Here’s this week’s recap from Canadian Econ:

  • Markit Canada Manufacturing PMI: The PMI fell to 56.2 in April 2022 from an all-time high of 58.9 in March, but still marked a 22nd consecutive month of expansion. Production levels have risen sharply, mainly for producers of consumer goods. New orders saw robust growth in new orders. Backlogs have also increased sharply due to shortages of materials, trucks and skilled workers. Input price inflation has moderated since the peak in March, but businesses remain under pressure due to high cost pressures and uncertainty due to the geopolitical environment. The source:

  • Canadian international merchandise trade: Canada’s merchandise trade increased significantly in March, with both imports and exports reaching record highs. After rising 4.8% in February, imports jumped another 7.7% in March. Meanwhile, exports rose 6.3%, with energy products contributing more than half of the increase. As a result, Canada’s merchandise trade surplus with the world narrowed from $3.1 billion in February to $2.5 billion in March. Imports of energy products posted strong gains in March, up 26.3%, boosted by higher imports of oil and bitumen (+39.9%). Exports of energy products rose 12.8% to a record high of $17.9 billion in March, accounting for 28.2% of total exports. Exports of crude oil (+14.8%) contributed the most to growth in March.

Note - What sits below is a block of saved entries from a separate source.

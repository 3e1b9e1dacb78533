-- ===== src/Alphasense/Answers.antt =====
-- Which answers of the provider end the retry loop.
use smart_eyes.Base.{
  ◌≡◌, refl, ℕ, List, Bool, true, false, ◌&&◌, ◌||◌, not, arith, leb, ◌==◌, if◌then◌else◌,
}
use smart_eyes.Errors.{Result, ok, err}
use smart_eyes.Reliability.Script.{ends}
use smart_eyes.Alphasense.{Transport, Call, Reply, Trip, decoded, judge_401, judge}

-- a status that may pass: too many requests, a failing server, and the first 401
abbrev pub may_pass : Bool → ℕ → Bool
may_pass refreshed status =
    (status == 401) && (if refreshed then false else true) || (status == 429) || leb 500 status

judge_401-ends :
    {S A : Type 0} (tr : Transport S) (call : Call) (json : List ℕ → Result A) (t : Trip S A)
    → ends (judge_401 tr call json t).0 ≡ t.refreshed
unfolding judge_401
judge_401-ends tr call json t = ground arith

decoded-ends :
    {S A : Type 0} (tr : Transport S) (call : Call) (json : List ℕ → Result A) (r : Result A)
    (t : Trip S A)
    → ends (decoded tr call json r t).0 ≡ true
unfolding decoded
decoded-ends tr call json (ok a) t = refl
decoded-ends tr call json (err x) t = refl

-- An answer is retried exactly when its status is 429 or at least 500, or is 401 for the first
-- time; every other answer ends the loop, with the decoded document or with a permanent error.
pub judge-ends :
    {S A : Type 0} (tr : Transport S) (call : Call) (json : List ℕ → Result A) (r : Reply)
    (t : Trip S A)
    → ends (judge tr call json r t).0 ≡ not (may_pass t.refreshed r.status)
unfolding judge
judge-ends tr call json r t =
    ground (arith, judge_401-ends tr call json t, decoded-ends tr call json (json r.content) t)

  • Labor Force Survey: Employment was little changed in April. The employment rate remained unchanged at 61.9%, while the unemployment rate fell 0.1 percentage point to 5.2%. The total number of hours worked fell 1.9% in April. The average hourly wage increased by 3.3% (+$0.99 to $31.06) year over year. By sector, employment increases in professional, scientific and technical services and in public administration were offset by declines in construction and retail trade. On a demographic basis, employment gains among women in the core age group 25 to 54 were offset by a decline among men in the core age group.

  • IVEY Purchasing Managers Index: Canadian economic activity grew at a slower pace in April. On a seasonally adjusted basis, the index fell to 66.3 in April from a record high of 74.2 in March, but was still above the April 2021 figure of 60.6 amid the pandemic. A reading above 50 indicates increased activity, while a reading below 50 represents contraction. On an unadjusted basis, the PMI fell slightly to 68.0 from 68.4.

All currencies unless otherwise specified.